Materials provided below:
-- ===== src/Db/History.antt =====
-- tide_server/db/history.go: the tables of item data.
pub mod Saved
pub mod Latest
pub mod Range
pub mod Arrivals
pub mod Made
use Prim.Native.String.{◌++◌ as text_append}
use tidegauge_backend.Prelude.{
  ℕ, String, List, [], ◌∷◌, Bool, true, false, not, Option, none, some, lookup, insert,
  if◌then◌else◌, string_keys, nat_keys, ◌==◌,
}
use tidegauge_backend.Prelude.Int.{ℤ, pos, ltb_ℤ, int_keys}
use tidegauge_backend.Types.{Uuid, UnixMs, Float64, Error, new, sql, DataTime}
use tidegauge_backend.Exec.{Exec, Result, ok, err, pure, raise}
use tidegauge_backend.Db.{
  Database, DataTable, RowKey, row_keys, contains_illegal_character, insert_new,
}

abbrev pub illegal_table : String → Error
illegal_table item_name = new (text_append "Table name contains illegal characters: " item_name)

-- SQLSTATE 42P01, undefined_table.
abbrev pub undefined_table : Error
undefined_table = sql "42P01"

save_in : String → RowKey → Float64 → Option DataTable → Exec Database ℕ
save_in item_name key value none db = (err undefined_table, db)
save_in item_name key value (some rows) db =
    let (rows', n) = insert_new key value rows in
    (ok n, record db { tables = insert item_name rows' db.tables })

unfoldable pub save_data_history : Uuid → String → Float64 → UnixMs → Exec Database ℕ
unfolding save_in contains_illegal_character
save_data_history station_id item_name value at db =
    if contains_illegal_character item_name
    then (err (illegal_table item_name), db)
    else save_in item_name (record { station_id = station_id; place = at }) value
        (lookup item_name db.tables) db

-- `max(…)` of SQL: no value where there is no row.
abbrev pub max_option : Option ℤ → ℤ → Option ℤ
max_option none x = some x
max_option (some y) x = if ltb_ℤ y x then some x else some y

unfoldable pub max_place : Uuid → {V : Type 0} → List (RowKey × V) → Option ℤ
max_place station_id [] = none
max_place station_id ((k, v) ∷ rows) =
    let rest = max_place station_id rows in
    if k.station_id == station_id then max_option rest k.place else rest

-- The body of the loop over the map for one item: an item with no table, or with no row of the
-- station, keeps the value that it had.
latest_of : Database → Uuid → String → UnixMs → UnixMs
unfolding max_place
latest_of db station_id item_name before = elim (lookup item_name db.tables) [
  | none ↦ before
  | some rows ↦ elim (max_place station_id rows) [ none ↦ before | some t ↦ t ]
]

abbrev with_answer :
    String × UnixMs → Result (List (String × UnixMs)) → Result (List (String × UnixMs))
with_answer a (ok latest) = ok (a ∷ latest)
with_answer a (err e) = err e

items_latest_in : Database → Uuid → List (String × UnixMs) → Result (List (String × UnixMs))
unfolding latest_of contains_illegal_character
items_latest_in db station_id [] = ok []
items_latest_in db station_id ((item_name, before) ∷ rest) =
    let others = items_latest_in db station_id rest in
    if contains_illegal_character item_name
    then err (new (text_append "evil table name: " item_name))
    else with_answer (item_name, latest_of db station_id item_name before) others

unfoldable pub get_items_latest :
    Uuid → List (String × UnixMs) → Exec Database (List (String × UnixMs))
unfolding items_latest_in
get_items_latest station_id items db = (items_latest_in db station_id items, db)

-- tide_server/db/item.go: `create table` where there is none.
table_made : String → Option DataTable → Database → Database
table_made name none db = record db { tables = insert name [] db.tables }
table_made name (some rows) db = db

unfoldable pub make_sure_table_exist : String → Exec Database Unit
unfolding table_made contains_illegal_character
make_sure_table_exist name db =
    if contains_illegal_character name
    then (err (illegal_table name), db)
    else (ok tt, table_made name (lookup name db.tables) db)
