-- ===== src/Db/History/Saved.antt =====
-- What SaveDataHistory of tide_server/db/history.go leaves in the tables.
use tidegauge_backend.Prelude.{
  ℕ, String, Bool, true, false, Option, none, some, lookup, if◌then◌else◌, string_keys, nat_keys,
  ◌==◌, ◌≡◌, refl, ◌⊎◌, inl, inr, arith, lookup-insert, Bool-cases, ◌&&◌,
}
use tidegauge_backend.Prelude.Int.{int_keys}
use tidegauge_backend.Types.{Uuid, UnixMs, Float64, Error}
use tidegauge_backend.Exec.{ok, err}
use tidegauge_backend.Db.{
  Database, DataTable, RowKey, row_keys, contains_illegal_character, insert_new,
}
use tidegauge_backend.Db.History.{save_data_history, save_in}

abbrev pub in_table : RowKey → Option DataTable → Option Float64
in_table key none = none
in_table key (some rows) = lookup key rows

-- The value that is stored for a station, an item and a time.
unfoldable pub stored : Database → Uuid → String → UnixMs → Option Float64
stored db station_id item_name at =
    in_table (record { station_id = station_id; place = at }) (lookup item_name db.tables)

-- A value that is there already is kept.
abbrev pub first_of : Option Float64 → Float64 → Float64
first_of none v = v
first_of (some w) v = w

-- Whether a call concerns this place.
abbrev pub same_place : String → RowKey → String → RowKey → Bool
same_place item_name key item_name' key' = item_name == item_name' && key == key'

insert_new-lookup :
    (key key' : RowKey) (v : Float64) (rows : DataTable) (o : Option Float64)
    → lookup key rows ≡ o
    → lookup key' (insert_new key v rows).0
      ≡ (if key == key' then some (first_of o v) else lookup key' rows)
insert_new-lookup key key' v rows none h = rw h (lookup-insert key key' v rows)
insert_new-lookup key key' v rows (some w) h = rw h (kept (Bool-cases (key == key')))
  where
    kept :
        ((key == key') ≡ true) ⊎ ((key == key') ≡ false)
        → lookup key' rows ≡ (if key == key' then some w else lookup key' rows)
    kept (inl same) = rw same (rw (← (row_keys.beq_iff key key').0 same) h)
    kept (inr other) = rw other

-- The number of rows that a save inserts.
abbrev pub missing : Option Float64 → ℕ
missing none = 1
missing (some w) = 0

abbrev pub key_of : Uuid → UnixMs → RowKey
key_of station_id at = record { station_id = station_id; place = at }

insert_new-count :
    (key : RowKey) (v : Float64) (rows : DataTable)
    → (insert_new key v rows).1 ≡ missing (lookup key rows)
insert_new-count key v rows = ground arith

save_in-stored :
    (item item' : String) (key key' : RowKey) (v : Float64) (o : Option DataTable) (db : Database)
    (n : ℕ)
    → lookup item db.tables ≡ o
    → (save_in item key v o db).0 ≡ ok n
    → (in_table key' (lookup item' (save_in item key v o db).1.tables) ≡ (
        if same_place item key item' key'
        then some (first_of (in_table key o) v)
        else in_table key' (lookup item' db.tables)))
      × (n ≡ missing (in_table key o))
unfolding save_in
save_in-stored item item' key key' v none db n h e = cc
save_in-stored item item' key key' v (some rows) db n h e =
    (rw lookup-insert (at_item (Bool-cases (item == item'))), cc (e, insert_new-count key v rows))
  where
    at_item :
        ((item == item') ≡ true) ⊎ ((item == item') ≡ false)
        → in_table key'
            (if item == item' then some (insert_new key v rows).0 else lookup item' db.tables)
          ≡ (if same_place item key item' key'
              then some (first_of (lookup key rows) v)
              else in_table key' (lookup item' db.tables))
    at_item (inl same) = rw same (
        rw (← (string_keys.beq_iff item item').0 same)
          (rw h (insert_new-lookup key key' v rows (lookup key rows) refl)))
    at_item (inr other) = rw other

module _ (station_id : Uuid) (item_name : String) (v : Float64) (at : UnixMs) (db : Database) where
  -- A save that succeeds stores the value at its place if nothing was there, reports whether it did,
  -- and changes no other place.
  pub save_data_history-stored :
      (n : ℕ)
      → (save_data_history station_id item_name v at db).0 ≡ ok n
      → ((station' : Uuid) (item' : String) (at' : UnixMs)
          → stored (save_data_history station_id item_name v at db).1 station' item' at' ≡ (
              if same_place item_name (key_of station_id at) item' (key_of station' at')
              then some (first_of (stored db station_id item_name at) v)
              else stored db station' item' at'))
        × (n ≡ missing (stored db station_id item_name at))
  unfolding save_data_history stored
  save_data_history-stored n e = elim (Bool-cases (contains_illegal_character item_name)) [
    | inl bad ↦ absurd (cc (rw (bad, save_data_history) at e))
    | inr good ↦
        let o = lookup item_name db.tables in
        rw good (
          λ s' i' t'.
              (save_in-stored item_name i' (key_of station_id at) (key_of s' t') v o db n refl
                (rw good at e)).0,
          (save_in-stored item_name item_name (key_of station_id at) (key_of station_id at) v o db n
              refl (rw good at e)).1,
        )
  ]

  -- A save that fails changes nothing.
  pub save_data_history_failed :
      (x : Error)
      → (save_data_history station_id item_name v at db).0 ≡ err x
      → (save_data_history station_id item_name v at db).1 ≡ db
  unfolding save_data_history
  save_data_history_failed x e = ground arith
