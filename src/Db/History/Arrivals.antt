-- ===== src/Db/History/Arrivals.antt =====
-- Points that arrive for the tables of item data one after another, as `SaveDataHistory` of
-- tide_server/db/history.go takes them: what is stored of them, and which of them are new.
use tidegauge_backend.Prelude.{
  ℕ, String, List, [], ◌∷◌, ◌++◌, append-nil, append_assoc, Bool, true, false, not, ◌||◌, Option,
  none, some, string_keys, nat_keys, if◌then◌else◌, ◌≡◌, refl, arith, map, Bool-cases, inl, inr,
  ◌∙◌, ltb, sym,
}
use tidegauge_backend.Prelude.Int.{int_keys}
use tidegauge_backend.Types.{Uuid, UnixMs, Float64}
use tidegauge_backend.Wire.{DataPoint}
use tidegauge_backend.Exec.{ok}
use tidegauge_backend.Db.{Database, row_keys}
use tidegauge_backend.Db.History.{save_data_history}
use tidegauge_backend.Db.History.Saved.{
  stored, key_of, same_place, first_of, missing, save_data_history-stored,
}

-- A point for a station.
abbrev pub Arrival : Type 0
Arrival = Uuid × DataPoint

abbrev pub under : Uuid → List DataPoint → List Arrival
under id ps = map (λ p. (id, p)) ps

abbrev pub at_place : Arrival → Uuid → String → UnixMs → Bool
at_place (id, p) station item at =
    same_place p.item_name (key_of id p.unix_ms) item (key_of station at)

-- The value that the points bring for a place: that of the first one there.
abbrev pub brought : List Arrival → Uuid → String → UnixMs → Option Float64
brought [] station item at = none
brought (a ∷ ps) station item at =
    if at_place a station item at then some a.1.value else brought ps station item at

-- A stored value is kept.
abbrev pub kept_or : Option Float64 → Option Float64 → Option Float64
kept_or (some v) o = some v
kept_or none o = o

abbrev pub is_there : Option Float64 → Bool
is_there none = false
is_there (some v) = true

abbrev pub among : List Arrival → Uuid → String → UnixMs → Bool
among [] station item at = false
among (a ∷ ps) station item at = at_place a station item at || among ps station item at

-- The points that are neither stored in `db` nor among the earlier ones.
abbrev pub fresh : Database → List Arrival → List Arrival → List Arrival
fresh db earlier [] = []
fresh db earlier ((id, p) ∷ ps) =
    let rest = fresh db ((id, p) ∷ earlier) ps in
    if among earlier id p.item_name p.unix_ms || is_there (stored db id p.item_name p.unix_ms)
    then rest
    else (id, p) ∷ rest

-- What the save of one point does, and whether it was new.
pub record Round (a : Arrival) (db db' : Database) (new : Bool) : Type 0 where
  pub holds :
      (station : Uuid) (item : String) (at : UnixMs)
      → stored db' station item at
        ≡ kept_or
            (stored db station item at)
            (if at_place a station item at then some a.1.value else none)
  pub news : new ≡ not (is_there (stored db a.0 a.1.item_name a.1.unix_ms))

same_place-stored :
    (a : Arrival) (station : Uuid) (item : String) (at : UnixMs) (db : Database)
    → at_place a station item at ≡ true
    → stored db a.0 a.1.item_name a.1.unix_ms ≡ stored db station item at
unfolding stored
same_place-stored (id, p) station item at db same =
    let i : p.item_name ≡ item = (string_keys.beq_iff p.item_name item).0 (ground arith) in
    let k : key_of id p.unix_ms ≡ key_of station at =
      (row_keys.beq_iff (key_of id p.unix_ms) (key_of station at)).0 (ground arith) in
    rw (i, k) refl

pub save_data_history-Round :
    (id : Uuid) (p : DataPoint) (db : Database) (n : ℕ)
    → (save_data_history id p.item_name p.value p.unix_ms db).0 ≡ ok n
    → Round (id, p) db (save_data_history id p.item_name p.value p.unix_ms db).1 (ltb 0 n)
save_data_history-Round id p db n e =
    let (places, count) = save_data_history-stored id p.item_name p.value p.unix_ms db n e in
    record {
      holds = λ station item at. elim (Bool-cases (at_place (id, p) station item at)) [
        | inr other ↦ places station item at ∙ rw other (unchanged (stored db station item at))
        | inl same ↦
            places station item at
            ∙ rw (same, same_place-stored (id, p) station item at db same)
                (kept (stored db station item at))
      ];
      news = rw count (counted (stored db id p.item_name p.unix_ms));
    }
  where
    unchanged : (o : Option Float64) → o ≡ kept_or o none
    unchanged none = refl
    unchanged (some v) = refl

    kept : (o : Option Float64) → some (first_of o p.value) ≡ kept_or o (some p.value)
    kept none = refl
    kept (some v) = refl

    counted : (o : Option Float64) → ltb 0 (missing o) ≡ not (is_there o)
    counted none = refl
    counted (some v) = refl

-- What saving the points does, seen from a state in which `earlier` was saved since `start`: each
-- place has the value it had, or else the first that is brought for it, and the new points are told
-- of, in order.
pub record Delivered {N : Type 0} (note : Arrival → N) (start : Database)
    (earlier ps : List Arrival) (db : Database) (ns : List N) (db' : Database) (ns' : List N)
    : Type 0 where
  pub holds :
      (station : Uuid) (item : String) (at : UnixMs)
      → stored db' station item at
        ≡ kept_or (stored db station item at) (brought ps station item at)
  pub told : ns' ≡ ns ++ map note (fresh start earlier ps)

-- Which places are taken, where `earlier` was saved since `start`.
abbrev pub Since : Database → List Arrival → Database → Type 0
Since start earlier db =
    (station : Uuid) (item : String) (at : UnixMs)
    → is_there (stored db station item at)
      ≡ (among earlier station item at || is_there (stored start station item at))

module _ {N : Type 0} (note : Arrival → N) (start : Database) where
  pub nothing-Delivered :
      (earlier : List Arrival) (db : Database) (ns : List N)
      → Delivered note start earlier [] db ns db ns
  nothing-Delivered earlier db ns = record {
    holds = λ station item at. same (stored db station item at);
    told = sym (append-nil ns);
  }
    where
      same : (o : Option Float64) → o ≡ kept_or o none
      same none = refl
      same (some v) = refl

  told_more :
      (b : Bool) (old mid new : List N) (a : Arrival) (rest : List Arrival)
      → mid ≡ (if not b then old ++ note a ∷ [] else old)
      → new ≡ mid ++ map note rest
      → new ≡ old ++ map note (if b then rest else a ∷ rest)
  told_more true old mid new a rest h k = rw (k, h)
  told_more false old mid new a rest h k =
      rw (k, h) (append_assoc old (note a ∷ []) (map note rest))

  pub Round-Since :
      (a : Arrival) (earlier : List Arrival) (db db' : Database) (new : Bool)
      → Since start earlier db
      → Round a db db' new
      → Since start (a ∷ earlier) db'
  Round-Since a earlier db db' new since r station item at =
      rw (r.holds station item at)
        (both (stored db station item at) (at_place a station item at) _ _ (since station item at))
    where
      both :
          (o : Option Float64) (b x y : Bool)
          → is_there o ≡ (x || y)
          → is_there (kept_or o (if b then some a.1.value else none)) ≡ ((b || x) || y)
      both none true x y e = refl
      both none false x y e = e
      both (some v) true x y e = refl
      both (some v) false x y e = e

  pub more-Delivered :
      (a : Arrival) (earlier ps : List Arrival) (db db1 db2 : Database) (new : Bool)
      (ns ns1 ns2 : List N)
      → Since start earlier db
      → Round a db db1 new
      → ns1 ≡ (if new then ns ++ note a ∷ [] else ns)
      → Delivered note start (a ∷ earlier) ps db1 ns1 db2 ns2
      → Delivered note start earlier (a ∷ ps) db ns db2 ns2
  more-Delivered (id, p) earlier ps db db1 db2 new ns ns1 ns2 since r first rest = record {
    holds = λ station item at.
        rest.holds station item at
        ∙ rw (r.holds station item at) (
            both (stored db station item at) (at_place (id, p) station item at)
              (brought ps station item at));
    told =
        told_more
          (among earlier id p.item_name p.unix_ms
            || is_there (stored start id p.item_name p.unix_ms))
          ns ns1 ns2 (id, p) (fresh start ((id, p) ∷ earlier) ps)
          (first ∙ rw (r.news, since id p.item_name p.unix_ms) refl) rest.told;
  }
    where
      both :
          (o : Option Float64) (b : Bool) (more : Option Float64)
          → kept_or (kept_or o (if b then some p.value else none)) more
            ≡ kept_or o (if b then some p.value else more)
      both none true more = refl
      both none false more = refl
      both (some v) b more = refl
End of Materials provided.
### What the task asks
Only the lines from the one with "(first ∙ rw" through the final line above belong in the answer, each reproduced word for word.

### Answer below
          (first ∙ rw (r.news, since id p.item_name p.unix_ms) refl) rest.told;
  }
    where
      both :
          (o : Option Float64) (b : Bool) (more : Option Float64)
          → kept_or (kept_or o (if b then some p.value else none)) more
            ≡ kept_or o (if b then some p.value else more)
      both none true more = refl
      both none false more = refl
      both (some v) b more = refl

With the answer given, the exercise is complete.